▶ GOAL OF THE EXERCISE:
Line count for "from": give the number of lines in the records below that hold it, and nothing else.

(Beginning of SOURCE RECORDS)

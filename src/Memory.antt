-- ===== src/Memory.antt =====
-- The memory of a traced process, a byte at every address: what process_vm_writev and
-- PTRACE_POKETEXT write, and what the injected code loads.
use epochd.Base.{
  ℕ, zero, suc, ◌+◌, ◌*◌, ◌%◌, ◌/◌, ◌^◌, ◌≤◌, ◌<◌, ◌≡◌, refl, sym, append-nil, ap, ◌∙◌, ◌⊎◌, List,
  [], ◌∷◌, ◌++◌, arith, ◌==◌, if◌then◌else◌, length,
}
use epochd.Base.Word.{le_bytes}
use native.Mathlib.Nat.{pow-succ'}

abbrev pub Memory : Type 0
Memory = ℕ → ℕ

abbrev update : Memory → ℕ → ℕ → Memory
update m a b x = if x == a then b else m x

-- Writes the bytes from the address on.
unfoldable pub write : Memory → ℕ → List ℕ → Memory
write m a [] = m
write m a (b ∷ bs) = update (write m (suc a) bs) a b

-- The `n` bytes from the address on.
unfoldable pub read : ℕ → Memory → ℕ → List ℕ
read zero m a = []
read (suc n) m a = m a ∷ read n m (suc a)

-- The number that the `n` bytes from the address on spell, least significant first.
unfoldable pub load : ℕ → Memory → ℕ → ℕ
load zero m a = 0
load (suc n) m a = m a + 256 * load n m (suc a)

pub write_outside :
    (m : Memory) (a : ℕ) (bs : List ℕ) (x : ℕ)
    → (x < a) ⊎ (a + length bs ≤ x)
    → write m a bs x ≡ m x
unfolding write
write_outside m a [] x h = refl
write_outside m a (b ∷ bs) x h = ground (arith, write_outside m (suc a) bs x)

-- Bytes that do not overlap a write are as they were.
pub load-write_outside :
    (n : ℕ) (m : Memory) (a : ℕ) (bs : List ℕ) (c : ℕ)
    → (c + n ≤ a) ⊎ (a + length bs ≤ c)
    → load n (write m a bs) c ≡ load n m c
unfolding load
load-write_outside zero m a bs c h = refl
load-write_outside (suc n) m a bs c h =
    ground (arith, write_outside m a bs c, load-write_outside n m a bs (suc c))

load-update : (n : ℕ) (m : Memory) (a b c : ℕ) → a < c → load n (update m a b) c ≡ load n m c
unfolding load
load-update zero m a b c h = refl
load-update (suc n) m a b c h = ground (arith, load-update n m a b (suc c))

-- The first of two parts of a write.
pub load-write-le_bytes :
    (n w : ℕ) (m : Memory) (a : ℕ) (rest : List ℕ)
    → w < 256 ^ n
    → load n (write m a (le_bytes n w ++ rest)) a ≡ w
unfolding load write le_bytes
load-write-le_bytes zero w m a rest h = omega arith
load-write-le_bytes (suc n) w m a rest h =
    let m' : Memory = write m (suc a) (le_bytes n (w / 256) ++ rest) in
    let low : update m' a (w % 256) a ≡ w % 256 = ground arith in
    omega (
      arith,
      low,
      load-update n m' a (w % 256) (suc a) (omega arith),
      load-write-le_bytes n (w / 256) m (suc a) rest (omega (arith, pow-succ' 256 n)),
    )

-- The second of two parts of a write.
pub load-write_skip :
    (n k w : ℕ) (m : Memory) (a c : ℕ) (rest : List ℕ)
    → a + k ≤ c
    → load n (write m a (le_bytes k w ++ rest)) c ≡ load n (write m (a + k) rest) c
unfolding write le_bytes
load-write_skip n zero w m a c rest h = ap (λ (x : ℕ). load n (write m x rest) c) (omega arith)
load-write_skip n (suc k) w m a c rest h =
    load-update n (write m (suc a) (le_bytes k (w / 256) ++ rest)) a (w % 256) c (omega arith)
    ∙ load-write_skip n k (w / 256) m (suc a) c rest (omega arith)
    ∙ ap (λ (x : ℕ). load n (write m x rest) c) (omega arith)

pub load-write_tail :
    (n : ℕ) (m : Memory) (a b c : ℕ) (bs : List ℕ)
    → a < c
    → load n (write m a (b ∷ bs)) c ≡ load n (write m (suc a) bs) c
unfolding write
load-write_tail n m a b c bs h = load-update n (write m (suc a) bs) a b c h

pub load-write_word :
    (n w : ℕ) (m : Memory) (a : ℕ) → w < 256 ^ n → load n (write m a (le_bytes n w)) a ≡ w
load-write_word n w m a h =
    ap (λ (bs : List ℕ). load n (write m a bs) a) (sym (append-nil (le_bytes n w)))
    ∙ load-write-le_bytes n w m a [] h

pub write_head : (m : Memory) (a b : ℕ) (bs : List ℕ) → write m a (b ∷ bs) a ≡ b
unfolding write
write_head m a b bs = ground arith

read-update : (n : ℕ) (m : Memory) (a b c : ℕ) → a < c → read n (update m a b) c ≡ read n m c
unfolding read
read-update zero m a b c h = refl
read-update (suc n) m a b c h = ground (arith, read-update n m a b (suc c))

pub length-read : (n : ℕ) (m : Memory) (a : ℕ) → length (read n m a) ≡ n
unfolding read
length-read zero m a = refl
length-read (suc n) m a = ap suc (length-read n m (suc a))

-- What was written is read back.
pub read-write : (m : Memory) (a : ℕ) (bs : List ℕ) → read (length bs) (write m a bs) a ≡ bs
unfolding read write
read-write m a [] = refl
read-write m a (b ∷ bs) =
    let tail : read (length bs) (update (write m (suc a) bs) a b) (suc a) ≡ bs =
      read-update (length bs) (write m (suc a) bs) a b (suc a) (omega arith)
      ∙ read-write m (suc a) bs in
    ground (arith, tail)

-- A write in two parts is two writes.
pub write-append :
    (m : Memory) (a : ℕ) (bs cs : List ℕ)
    → write m a (bs ++ cs) ≡ write (write m (a + length bs) cs) a bs
unfolding write
write-append m a [] cs = ap (λ (y : ℕ). write m y cs) (omega arith)
write-append m a (b ∷ bs) cs =
    ap (λ (m' : Memory). update m' a b)
      (write-append m (suc a) bs cs ∙ ap (λ (y : ℕ). write (write m y cs) (suc a) bs) (omega arith))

(End of SOURCE RECORDS)

▶ OUTPUT OF THE EXERCISE:
3